Petersen Maya L, Molinaro Annette M, Sinisi Sandra E, van der Laan Mark J
Division of Biostatistics, University of California, Berkeley, School of Public Health, Earl Warren Hall 7360 Berkeley, California 94720-7360, phone: 510.642.3241 fax: 510.643.5163.
J Multivar Anal. 2008 Mar;25(2):260-266. doi: 10.1016/j.jmva.2007.07.004.

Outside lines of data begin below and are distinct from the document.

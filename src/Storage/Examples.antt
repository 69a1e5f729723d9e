-- ===== src/Storage/Examples.antt =====
-- The theorems on internal/storage/postgres at a small database and calls that meet no failure.
use urbino.Base.{
  ◌⊎◌, zero, suc, ◌<◌, arith, Option, arith, ◌≡◌, refl, ap, true, false, [], ◌∷◌, none, some, ℕ,
  replicate,
}
use urbino.Base.Text.{text_eq_of_eq, All, Text, codes, text_eq}
use urbino.Base.Int.{pos}
use urbino.Base.Result.{Result, ok, err, ok-injective}
use urbino.Domain.Uuid.{Uuid, is_zero, new_uuid}
use urbino.Domain.Scopes.{Tenant, tenant_status_valid, tenant_validate}
use urbino.Storage.Errors.{
  driver_failure, StoreError, plain, classified, kind_query, payload_conflict,
}
use urbino.Storage.Database.{Response, Database, Session, find_row, update_rows}
use urbino.Storage.Tx.{
  probed, commit_done, commit_lost, Connection, committed, probed, with_tx_probe,
}
use urbino.Storage.Tx.Atomic.{IsHealthy}
use urbino.Base.Decimal.Print.{format_uint}
use urbino.Base.Space.{to_upper, trim_space}
use urbino.Domain.Money.{parse_currency}
use urbino.Storage.Audit.{audit_validate, bad_metadata, insert_audit_event}
use urbino.Storage.Tenants.{
  create_tenant_tx, insert_tenant_row, update_tenant_for, update_tenant_row,
}
use urbino.Storage.Tenants.Versions.{UniqueTenants, IsUpdate, old_version_refused}
use urbino.Domain.Uuid.{to_string}
use urbino.Storage.KeyReads.{order_by}
use urbino.Storage.TenantPages.{TenantCursor, CursorForm, tenant_before}
use urbino.Storage.TenantPages.Walk.{walk, tenants_of, IsDistinct, IsListed}
use urbino.Storage.TenantPages.Complete.{walk_complete}
use urbino.Storage.Operations.{create_tenant, apply}
use urbino.Storage.Operations.Audited.{IsAudited, apply-IsAudited}
use urbino.Storage.Mutation.{
  MutationRequest, Outcome, MutationResult, Mutation, new_claim, complete, replay,
  validate_response, bad_request, run_admin_mutation, claim_admin_idempotency, mutation_statements,
  run_claimed,
}
use urbino.Storage.Mutation.Claims.{row_of, KeepsClaims}
use urbino.Storage.Mutation.Exactly.{
  UniqueClaims, IsWhole, IsReplayed, run_admin_mutation-IsWhole, mutation_runs_once,
}
use urbino.Storage.Mutation.Answers.{fresh_mutation_completes}
use urbino.Storage.Mutation.Conflict.{IsReused, IsKept, IsUnserved, payload_conflict_refused}
use urbino.Storage.Mutation.{legacy_pending_response_body}

abbrev an_id : ℕ → Uuid
an_id n = replicate 16 n

abbrev session : Session
session = record {
  faults = λ s. none;
  now = 1000;
  uuid_bytes = some (replicate 16 9);
  millis = pos 1700000000000;
}

abbrev healthy : Connection
healthy = record { begin = none; session = session; commit = commit_done; probe_fault = none }

-- The response of the commit is lost, and the transaction is durable.
abbrev lossy : Connection
lossy = record healthy { commit = commit_lost true driver_failure }

healthy-IsHealthy : IsHealthy healthy
healthy-IsHealthy = record { begins = refl; accepts = λ s. refl; commits = refl }

abbrev first_tenant : Tenant
first_tenant = record {
  id = an_id 1;
  name = codes "First";
  currency = codes "USD";
  status = codes "active";
  version = 1;
}

abbrev second_tenant : Tenant
second_tenant = record first_tenant { id = an_id 2; name = codes "Second" }

abbrev tables : Database
tables = record {
  tenants = record { tenant = first_tenant; created_at = 5 } ∷ [];
  projects = [];
  users = [];
  members = [];
  api_keys = [];
  principals = [];
  admin_tokens = [];
  claims = [];
  audit_events = [];
}

abbrev renamed : Result StoreError Tenant × Database
renamed = update_tenant_for lossy (an_id 7) (an_id 1) 1 (codes "Renamed") (codes "active") tables

renamed_ok : renamed ≡ (ok (record first_tenant { name = codes "Renamed"; version = 2 }), renamed.1)
unfolding update_tenant_for update_tenant_row with_tx_probe committed probed find_row update_rows
    insert_audit_event audit_validate bad_metadata new_uuid is_zero text_eq tenant_status_valid
    format_uint
renamed_ok = refl

one_tenant : UniqueTenants tables.tenants
unfolding find_row
one_tenant = (refl, tt)

old_version_refused_example :
    IsUpdate
      (an_id 7)
      (an_id 1)
      1
      (codes "Renamed")
      (codes "active")
      tables
      renamed.1
      (record first_tenant { name = codes "Renamed"; version = 2 })
    × ((e : StoreError) × (update_tenant_for healthy
            (an_id 8)
            (an_id 1)
            1
            (codes "Other")
            (codes "active")
            renamed.1
          ≡ (err e, renamed.1)))
old_version_refused_example =
    old_version_refused lossy (an_id 7) (an_id 1) 1 (codes "Renamed") (codes "active") tables
      renamed.1 (record first_tenant { name = codes "Renamed"; version = 2 }) one_tenant renamed_ok
      healthy (an_id 8) (codes "Other") (codes "active")

-- A mutation that creates the second tenant, under a key of 32 bytes.
abbrev request : MutationRequest
request = record {
  principal = an_id 7;
  operation = codes "tenant.create";
  key_digest = replicate 32 1;
  request_digest = replicate 32 2;
}

abbrev said : Text → Response
said text = record { status = 201; content_type = codes "application/json"; body = text }

abbrev created : Outcome
created = record { response = said (codes "{}"); replay_response = said (codes "[]") }

-- The database of a success.
abbrev database_of : Result StoreError (Outcome × Database) → Database
database_of (ok p) = p.1
database_of (err e) = tables

abbrev answered : Result StoreError Database → Result StoreError (Outcome × Database)
answered (ok db) = ok (created, db)
answered (err e) = err e

abbrev creation : Mutation
creation s db = answered (apply (an_id 7) (create_tenant second_tenant) s db)

answered-ok :
    (r : Result StoreError Database) (o : Outcome) (db : Database)
    → answered r ≡ ok (o, db)
    → r ≡ ok db
answered-ok (err e) o db h = cc
answered-ok (ok d) o db h =
    let p : Path (Result StoreError (Outcome × Database)) (ok (created, d)) (ok (o, db)) = h in
    ap (λ (z : Outcome × Database). ok z.1) (ok-injective p)

creation-KeepsClaims : KeepsClaims creation
creation-KeepsClaims s db o db' h =
    (apply-IsAudited (an_id 7) (create_tenant second_tenant) s db db'
      (answered-ok (apply (an_id 7) (create_tenant second_tenant) s db) o db' h)).claims_kept

abbrev ran : Result StoreError MutationResult × Database
ran = run_admin_mutation healthy request creation tables

ran_ok : ran ≡ (ok (record { response = said (codes "{}"); replayed = false }), ran.1)
unfolding run_admin_mutation mutation_statements claim_admin_idempotency run_claimed apply
    create_tenant_tx insert_tenant_row tenant_validate parse_currency validate_response
    with_tx_probe committed find_row update_rows insert_audit_event audit_validate bad_metadata
    new_uuid is_zero text_eq tenant_status_valid to_upper trim_space
ran_ok = refl

no_claims : UniqueClaims tables
no_claims = tt

mutation_runs_once_example :
    ((run_admin_mutation lossy request creation ran.1).1 ≡ ran.1)
    × IsReplayed (run_admin_mutation lossy request creation ran.1).0
mutation_runs_once_example =
    mutation_runs_once healthy request creation tables ran.1
      (record { response = said (codes "{}"); replayed = false }) creation-KeepsClaims no_claims
      ran_ok lossy creation

run_admin_mutation-IsWhole_example :
    IsWhole request creation lossy.session tables (run_admin_mutation lossy request creation tables)
run_admin_mutation-IsWhole_example =
    run_admin_mutation-IsWhole lossy request creation tables creation-KeepsClaims no_claims

abbrev claimed : Database
claimed = record tables { claims = new_claim request ∷ [] }

abbrev changed : Database
changed = database_of (creation session claimed)

creation_ok : creation session claimed ≡ ok (created, changed)
unfolding apply create_tenant_tx insert_tenant_row tenant_validate parse_currency find_row
    insert_audit_event audit_validate bad_metadata new_uuid is_zero text_eq tenant_status_valid
    to_upper trim_space
creation_ok = refl

not_claimed : row_of request tables ≡ none
unfolding find_row
not_claimed = refl

good_request : bad_request request ≡ false
unfolding is_zero text_eq
good_request = refl

first_valid : validate_response (said (codes "{}")) ≡ ok tt
unfolding validate_response text_eq
first_valid = refl

second_valid : validate_response (said (codes "[]")) ≡ ok tt
unfolding validate_response text_eq
second_valid = refl

fresh_mutation_completes_example :
    (run_admin_mutation healthy request creation tables ≡ (
      ok (record { response = said (codes "{}"); replayed = false }),
      complete request (said (codes "[]")) changed,
    ))
    × (run_admin_mutation healthy request creation (complete request (said (codes "[]")) changed)
        ≡ (ok (replay (said (codes "[]"))), complete request (said (codes "[]")) changed))
fresh_mutation_completes_example =
    fresh_mutation_completes healthy request creation tables changed created creation-KeepsClaims
      healthy-IsHealthy good_request not_claimed creation_ok first_valid second_valid healthy
      creation healthy-IsHealthy

-- The key of the request with another payload.
abbrev other_request : MutationRequest
other_request = record request { request_digest = replicate 32 3 }

digests_apart : text_eq (replicate 32 3) (replicate 32 2) ≡ false
unfolding text_eq
digests_apart = refl

reused : IsReused request other_request
reused = record {
  principal = refl;
  operation = refl;
  key = refl;
  payload = λ e. let t = text_eq_of_eq (replicate 32 3) (replicate 32 2) e in cc digests_apart;
}

good_other : bad_request other_request ≡ false
unfolding is_zero text_eq
good_other = refl

payload_conflict_refused_example :
    (s : Response) × IsKept other_request ran.1 s
    × ((text_eq s.body legacy_pending_response_body ≡ true)
        ⊎ (IsUnserved (run_admin_mutation lossy other_request creation ran.1) ran.1
            × (run_admin_mutation healthy other_request creation ran.1
                ≡ (err (classified kind_query (plain payload_conflict)), ran.1))))
payload_conflict_refused_example =
    payload_conflict_refused healthy request other_request creation tables ran.1
      (record { response = said (codes "{}"); replayed = false }) creation-KeepsClaims no_claims
      ran_ok reused lossy creation healthy healthy-IsHealthy good_other

applied :
    apply (an_id 7) (create_tenant second_tenant) session tables
    ≡ ok (database_of (creation session tables))
unfolding apply create_tenant_tx insert_tenant_row tenant_validate parse_currency find_row
    insert_audit_event audit_validate bad_metadata new_uuid is_zero text_eq tenant_status_valid
    to_upper trim_space
applied = refl

apply-IsAudited_example : IsAudited (an_id 7) tables (database_of (creation session tables))
apply-IsAudited_example =
    apply-IsAudited (an_id 7) (create_tenant second_tenant) session tables
      (database_of (creation session tables)) applied

-- A cursor as its time and its identifier.
abbrev cursor_read : Text → Option TenantCursor
cursor_read [] = none
cursor_read (t ∷ id) = some (record { created_at = t; id = id })

abbrev form : CursorForm
form = record { read = cursor_read; write = λ c. some (c.created_at ∷ c.id) }

abbrev two_tenants : Database
two_tenants = record tables {
  tenants =
      record { tenant = second_tenant; created_at = 6 }
      ∷ record { tenant = first_tenant; created_at = 5 }
      ∷ [];
}

replicate-small : (n c : ℕ) → c < 256 → All (λ b. b < 256) (replicate n c)
replicate-small zero c h = tt
replicate-small (suc n) c h = (h, replicate-small n c h)

two_tenants-IsDistinct : IsDistinct two_tenants.tenants
two_tenants-IsDistinct = (((λ e. cc), tt), (tt, tt))

first-IsListed : IsListed form (record { tenant = first_tenant; created_at = 5 })
first-IsListed = record {
  created = omega arith;
  identified = (refl, replicate-small 16 1 (omega arith));
  text = 5 ∷ to_string (an_id 1);
  written = refl;
  read_back = refl;
  not_empty = refl;
}

second-IsListed : IsListed form (record { tenant = second_tenant; created_at = 6 })
second-IsListed = record {
  created = omega arith;
  identified = (refl, replicate-small 16 2 (omega arith));
  text = 6 ∷ to_string (an_id 2);
  written = refl;
  read_back = refl;
  not_empty = refl;
}

walk_complete_example :
    walk form 1 session two_tenants 3 []
    ≡ ok (tenants_of (order_by tenant_before two_tenants.tenants))
walk_complete_example =
    walk_complete form 1 session two_tenants refl two_tenants-IsDistinct
      (second-IsListed, (first-IsListed, tt)) 3 (omega arith)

Many applications aim to learn a high dimensional parameter of a data generating distribution based on a sample of independent and identically distributed observations. For example, the goal might be to estimate the conditional mean of an outcome given a list of input variables. In this prediction context, bootstrap aggregating (bagging) has been introduced as a method to reduce the variance of a given estimator at little cost to bias. Bagging involves applying an estimator to multiple bootstrap samples, and averaging the result across bootstrap samples. In order to address the curse of dimensionality, a common practice has been to apply bagging to estimators which themselves use cross-validation, thereby using cross-validation within a bootstrap sample to select fine-tuning parameters trading off bias and variance of the bootstrap sample-specific candidate estimators. In this article we point out that in order to achieve the correct bias variance trade-off for the parameter of interest, one should apply the cross-validation selector externally to candidate bagged estimators indexed by these fine-tuning parameters. We use three simulations to compare the new cross-validated bagging method with bagging of cross-validated estimators and bagging of non-cross-validated estimators.
许多应用旨在基于独立同分布观测值的样本,学习数据生成分布的高维参数。例如,目标可能是在给定输入变量列表的情况下估计结果的条件均值。在这种预测背景下,自助聚合(装袋)已被引入作为一种以较小偏差代价降低给定估计器方差的方法。装袋涉及将估计器应用于多个自助样本,并对自助样本的结果进行平均。为了解决维度诅咒问题,一种常见的做法是将装袋应用于本身使用交叉验证的估计器,从而在自助样本内使用交叉验证来选择微调参数,以权衡自助样本特定候选估计器的偏差和方差。在本文中,我们指出,为了实现对感兴趣参数的正确偏差方差权衡,应该在外部将交叉验证选择器应用于由这些微调参数索引的候选装袋估计器。我们使用三个模拟来比较新的交叉验证装袋方法与交叉验证估计器的装袋以及非交叉验证估计器的装袋。